# No pressure in upper radiator hose



## trimfixer (Sep 29, 2009)

My 65 GTO overheated for the first time yesterday. The engine was rebuilt recently, and everything is new including the waterpump and thermostet. After it cooled down, I refilled it up and started it again. It climbed over 200 and the top hose had no pressure in it. It continued to climb to the point of pushing water out. I removed the thermostat and tested it in hot water and it did start to open at about 192. Looked to be fully open at about 210 or 215. It is a 180 stat. I have a new one ready to go in, but am looking for other suggestions to fix this. Thanks.
Steve


----------



## Eric Animal (Oct 28, 2007)

No offense, but was the stat installed upside down? I would try to run the car with no stat and see if you get good flow....a good trouble shoot, and only cost a gasket.
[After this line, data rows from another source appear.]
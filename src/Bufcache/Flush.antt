-- ===== src/Bufcache/Flush.antt =====
-- Sync_Cache, and coherence: a buffer that is not dirty holds what is on the device.
use geekos.Base.{
  ltb, if◌then◌else◌, ltb→lt, Bool-cases, length, All, ℕ, ◌+◌, ◌-◌, ◌*◌, ◌^◌, ◌≤◌, ◌<◌, ◌≡◌, refl,
  sym, ap, ap₂, subst, ◌∙◌, ◌≢◌, ◌⊎◌, inl, inr, true, false, List, [], ◌∷◌, map, arith,
}
use geekos.Base.Bits.{has}
use geekos.Base.Reasons.{done, Total}
use geekos.Errno.{Rc, ok, is_ok}
use geekos.Bufcache.{
  Device, Buffer, Cache, block_write, first_sector, dirty, clear_flag, get_num_sectors_per_fs_block,
  sync_loop, sync_cache, sync_fs_buffer_cache,
}
use geekos.Bufcache.Io.{
  OnDisk, OnDisk-ext, IsAligned, block_transfer, synced, sync_buffer-done, write-Writes,
}
use geekos.Bufcache.Flags.{clear_dirty}
use geekos.Bufcache.Buffers.{Unique}
use geekos.Bufcache.Invariant.{synced-same, HasSize, IsValid}

-- The buffer is what the device holds for its block, of `p` sectors.
abbrev pub Stored : (ℕ → ℕ) → ℕ → Buffer → Type 0
Stored f p b = OnDisk f (first_sector p b.block_num) b.contents

abbrev pub Coherent : (ℕ → ℕ) → ℕ → Buffer → Type 0
Coherent f p b = has b.flags dirty ≡ false → Stored f p b

-- The sector numbers of the block fit into 32 bits.
abbrev pub InRange : ℕ → Buffer → Type 0
InRange p b = b.block_num * p + p ≤ 2 ^ 32 - 1

abbrev pub IsClean : (ℕ → ℕ) → ℕ → Buffer → Type 0
IsClean f p b = (has b.flags dirty ≡ false) × Stored f p b

-- The transfer that Sync_Buffer makes, and its three endings.
abbrev block_io : Cache → Buffer → Rc × Device × List ℕ
block_io c b = block_transfer block_write c b

abbrev SyncOf : Cache → Buffer → Rc × Device × Buffer → Type 0
SyncOf c b s =
    ((has b.flags dirty ≡ false) × (s ≡ (ok, c.dev, b)))
    ⊎ ((has b.flags dirty ≡ true)
        × (is_ok (block_io c b).0 ≡ true)
        × (s ≡ (ok, (block_io c b).1, record b { flags = clear_flag b.flags dirty })))
    ⊎ ((has b.flags dirty ≡ true)
        × (is_ok (block_io c b).0 ≡ false)
        × (s ≡ ((block_io c b).0, (block_io c b).1, b)))

synced-SyncOf : (c : Cache) (b : Buffer) → SyncOf c b (synced c b)
unfolding synced
synced-SyncOf c b = elim (Bool-cases (has b.flags dirty)) [
  | inl d ↦ elim (Bool-cases (is_ok (block_io c b).0)) [
    | inl e ↦ inr (inl (d, e, rw (d, e)))
    | inr e ↦ inr (inr (d, e, rw (d, e)))
  ]
  | inr d ↦ inl (d, rw d)
]

-- Blocks do not overlap.
apart : (i j p : ℕ) → i < j → i * p + p ≤ j * p
apart i j p h = grind arith

first_sector-eq : (p n : ℕ) → n * p + p ≤ 2 ^ 32 - 1 → first_sector p n ≡ n * p
first_sector-eq p n h = omega arith

-- The sectors of block `k` are the same in `f` and `g`.
abbrev pub SameBlock : (ℕ → ℕ) → (ℕ → ℕ) → ℕ → ℕ → Type 0
SameBlock f g p k = (m : ℕ) → k * p ≤ m → m < k * p + p → g m ≡ f m

-- What the loop of Sync_Cache returns where no assertion fails.
synced_loop : Cache → List Buffer → Rc × Device × List Buffer
synced_loop c [] = (ok, c.dev, [])
synced_loop c (b ∷ bs) =
    let (rc, dev', b') = synced c b in
    let (rc', dev'', bs') = synced_loop (record c { dev = dev' }) bs in
    if is_ok rc then (rc', dev'', b' ∷ bs') else (rc, dev', b' ∷ bs)

sync_loop-done :
    (bs : List Buffer) (c : Cache)
    → IsAligned c
    → All (HasSize (get_num_sectors_per_fs_block c)) bs
    → sync_loop c bs ≡ done (synced_loop c bs)
unfolding sync_loop synced_loop get_num_sectors_per_fs_block
sync_loop-done [] c aligned sizes = refl
sync_loop-done (b ∷ bs) c aligned (size, sizes) =
    let rest = sync_loop-done bs (record c { dev = (synced c b).1 }) aligned sizes in
    rw (sync_buffer-done c b aligned size)
      (elim (Bool-cases (is_ok (synced c b).0)) [ inl e ↦ rw (e, rest) refl | inr e ↦ rw e refl ])

module _ (p : ℕ) where
  Stored-same :
      (f g : ℕ → ℕ) (b : Buffer)
      → InRange p b
      → HasSize p b
      → SameBlock f g p b.block_num
      → Stored f p b
      → Stored g p b
  Stored-same f g b r size same h =
      let e = first_sector-eq p b.block_num r in
      OnDisk-ext f g (first_sector p b.block_num) b.contents
        (λ m lo hi. same m (omega (arith, e)) (omega (arith, e, size))) h

  -- What one Sync_Buffer that succeeds leaves.
  pub synced-IsClean :
      (c : Cache) (b : Buffer)
      → get_num_sectors_per_fs_block c ≡ p
      → Coherent c.dev.sectors p b
      → is_ok (synced c b).0 ≡ true
      → IsClean (synced c b).1.sectors p (synced c b).2
  synced-IsClean c b e h o = elim (synced-SyncOf c b) [
    | inl (d, s) ↦ rw s (d, h d)
    | inr (inl (d, k, s)) ↦ rw s (
      clear_dirty b.flags,
      subst (λ q. OnDisk (block_io c b).1.sectors (first_sector q b.block_num) b.contents) e
          ((write-Writes c.dev (first_sector (get_num_sectors_per_fs_block c) b.block_num)
              b.contents).stored
            k),
    )
    | inr (inr (d, k, s)) ↦ cc (sym k ∙ ap (λ (t : Rc × Device × Buffer). is_ok t.0) (sym s) ∙ o)
  ]

  -- Sync_Buffer touches no sector of another block, whatever it returns.
  pub synced-SameBlock :
      (c : Cache) (b : Buffer) (k : ℕ)
      → get_num_sectors_per_fs_block c ≡ p
      → InRange p b
      → HasSize p b
      → k ≢ b.block_num
      → SameBlock c.dev.sectors (synced c b).1.sectors p k
  synced-SameBlock c b k e r size ne = elim (synced-SyncOf c b) [
    | inl (d, s) ↦ rw s (λ m lo hi. refl)
    | inr (inl (d, k', s)) ↦ rw s written
    | inr (inr (d, k', s)) ↦ rw s written
  ]
    where
      written : SameBlock c.dev.sectors (block_io c b).1.sectors p k
      written m lo hi =
          (write-Writes c.dev (first_sector (get_num_sectors_per_fs_block c) b.block_num)
              b.contents).outside
            m
            (elim (Bool-cases (ltb k b.block_num)) [
              | inl lt ↦ inl (
                  omega (
                    arith,
                    apart k b.block_num p (ltb→lt k b.block_num lt),
                    first_sector-eq p b.block_num r,
                    ap (λ q. first_sector q b.block_num) e,
                  ))
              | inr ge ↦ inr (
                  omega (
                    arith,
                    apart b.block_num k p (ground arith),
                    first_sector-eq p b.block_num r,
                    ap (λ q. first_sector q b.block_num) e,
                    size,
                  ))
            ])

  -- The loop of Sync_Cache leaves the blocks of all other buffers alone.
  synced_loop-SameBlock :
      (bs : List Buffer) (c : Cache) (k : ℕ)
      → get_num_sectors_per_fs_block c ≡ p
      → All (InRange p) bs
      → All (HasSize p) bs
      → All (λ x. x.block_num ≢ k) bs
      → SameBlock c.dev.sectors (synced_loop c bs).1.sectors p k
  unfolding synced_loop get_num_sectors_per_fs_block
  synced_loop-SameBlock [] c k e r size absent = λ m lo hi. refl
  synced_loop-SameBlock (b ∷ bs) c k e r size absent =
      let first = synced-SameBlock c b k e r.0 size.0 (λ s. absent.0 (sym s)) in
      let rest =
        synced_loop-SameBlock bs (record c { dev = (synced c b).1 }) k e r.1 size.1 absent.1 in
      elim (Bool-cases (is_ok (synced c b).0)) [
        | inl o ↦ rw o (λ m lo hi. rest m lo hi ∙ first m lo hi)
        | inr o ↦ rw o first
      ]

  Coherent-same :
      (f g : ℕ → ℕ) (k : ℕ) (bs : List Buffer)
      → ((j : ℕ) → j ≢ k → SameBlock f g p j)
      → All (InRange p) bs
      → All (HasSize p) bs
      → All (λ x. x.block_num ≢ k) bs
      → All (Coherent f p) bs
      → All (Coherent g p) bs
  Coherent-same f g k [] same r size absent h = tt
  Coherent-same f g k (b ∷ bs) same r size absent h = (
    λ d. Stored-same f g b r.0 size.0 (same b.block_num absent.0) (h.0 d),
    Coherent-same f g k bs same r.1 size.1 absent.1 h.1,
  )

  -- After a loop that succeeds every buffer is clean.
  synced_loop-IsClean :
      (bs : List Buffer) (c : Cache)
      → get_num_sectors_per_fs_block c ≡ p
      → Unique (λ x. x.block_num) bs
      → All (InRange p) bs
      → All (HasSize p) bs
      → All (Coherent c.dev.sectors p) bs
      → is_ok (synced_loop c bs).0 ≡ true
      → All (IsClean (synced_loop c bs).1.sectors p) (synced_loop c bs).2
  unfolding synced_loop get_num_sectors_per_fs_block
  synced_loop-IsClean [] c e u r size h = λ o. tt
  synced_loop-IsClean (b ∷ bs) c e u r size h =
      let next : Cache = record c { dev = (synced c b).1 } in
      let (ea, en, ec) = synced-same c b in
      let coherent =
        Coherent-same c.dev.sectors (synced c b).1.sectors b.block_num bs
          (λ j ne. synced-SameBlock c b j e r.0 size.0 ne) r.1 size.1 u.0 h.1 in
      let tail = synced_loop-IsClean bs next e u.1 r.1 size.1 coherent in
      let kept = synced_loop-SameBlock bs next b.block_num e r.1 size.1 u.0 in
      elim (Bool-cases (is_ok (synced c b).0)) [
        | inl k ↦
            let clean = synced-IsClean c b e h.0 k in
            rw k (λ o. (
              (
                clean.0,
                Stored-same (synced c b).1.sectors (synced_loop next bs).1.sectors (synced c b).2
                    (subst (λ n. n * p + p ≤ 2 ^ 32 - 1) (sym en) r.0) (ap length ec ∙ size.0)
                    (subst (SameBlock (synced c b).1.sectors (synced_loop next bs).1.sectors p)
                      (sym en) kept)
                    clean.1,
              ),
              tail o,
            ))
        | inr k ↦ rw k (λ o. cc (sym k ∙ o))
      ]

-- Which buffers there are, and what they hold, apart from the flags.
abbrev pub contents_of : List Buffer → List (ℕ × ℕ × List ℕ)
contents_of = map (λ b. (b.addr, b.block_num, b.contents))

synced_loop-contents :
    (bs : List Buffer) (c : Cache) → contents_of (synced_loop c bs).2 ≡ contents_of bs
unfolding synced_loop
synced_loop-contents [] c = refl
synced_loop-contents (b ∷ bs) c = elim (Bool-cases (is_ok (synced c b).0)) [
  | inl o ↦
      rw o (ap₂ (λ x l. x ∷ l) first (synced_loop-contents bs (record c { dev = (synced c b).1 })))
  | inr o ↦ rw o (ap (λ t. t ∷ contents_of bs) first)
]
  where
    first :
        ◌≡◌ {A = ℕ × ℕ × List ℕ}
          ((synced c b).2.addr, (synced c b).2.block_num, (synced c b).2.contents)
          (b.addr, b.block_num, b.contents)
    first = let (ea, en, ec) = synced-same c b in λ i. (ea i, en i, ec i)

-- What a sync leaves: every buffer as it was but for the flags, and after success every buffer clean.
abbrev pub Flushed : Cache → Rc × Cache → Type 0
Flushed c (rc, c') =
    (contents_of c'.buffers ≡ contents_of c.buffers)
    × (is_ok rc ≡ true → All (IsClean c'.dev.sectors (get_num_sectors_per_fs_block c)) c'.buffers)

-- Sync_FS_Buffer_Cache loses no write: of a valid cache whose clean buffers agree with the device and
-- whose sector numbers fit into 32 bits, it ends with no failed assertion, leaves every buffer as it was but
-- for the flags, and when it returns 0 every buffer is clean and stands on the device, in the sectors of its
-- block.
pub sync_fs_buffer_cache-flushes :
    (c : Cache)
    → IsValid c
    → All (InRange (get_num_sectors_per_fs_block c)) c.buffers
    → All (Coherent c.dev.sectors (get_num_sectors_per_fs_block c)) c.buffers
    → Total (Flushed c) (sync_fs_buffer_cache c)
unfolding sync_fs_buffer_cache sync_cache
sync_fs_buffer_cache-flushes c v r h = rw (sync_loop-done c.buffers c v.aligned v.sizes) (
  synced_loop-contents c.buffers c,
  λ o. synced_loop-IsClean (get_num_sectors_per_fs_block c) c.buffers c refl v.blocks r v.sizes h o,
)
Eric


----------



## trimfixer (Sep 29, 2009)

*No offense taken*

Thanks Eric. I appreciate the help. I did make sure that the thermostat was installed correctly when I removed it. This car was fine for the first month or so after the restoration and just yesterday it did this for the first time. I will try your idea.
Thanks again.
Steve


----------



## Eric Animal (Oct 28, 2007)

anytime...post the results....could just be a bad stat


----------



## pontiac (Mar 6, 2011)

180 should open sooner than your temps indicate. Get another thermostat. also do final fill radiator when engine is running after initial done just enough to cover the tubes. downflow radiators are never completely filled to the cap, just so the tubes are covered.


----------



## trimfixer (Sep 29, 2009)

Thanks, I will be installing new 180 stat today. Didn't know about the fill level. I should know if it fixes problem this afternoon.


----------



## GTO JUDGE (May 14, 2005)

What kind of shape is the radiator cap in? If it's got some age on it may be worth your while for a few $$ to replace it.


----------



## trimfixer (Sep 29, 2009)

Thank you GTO Judge. I did have an older cap on it. I have already replaced it with one that I had here. It appears to be in good shape. If thermostat doesn't work, new cap will be next. PS the Silver Judge is beautiful!


----------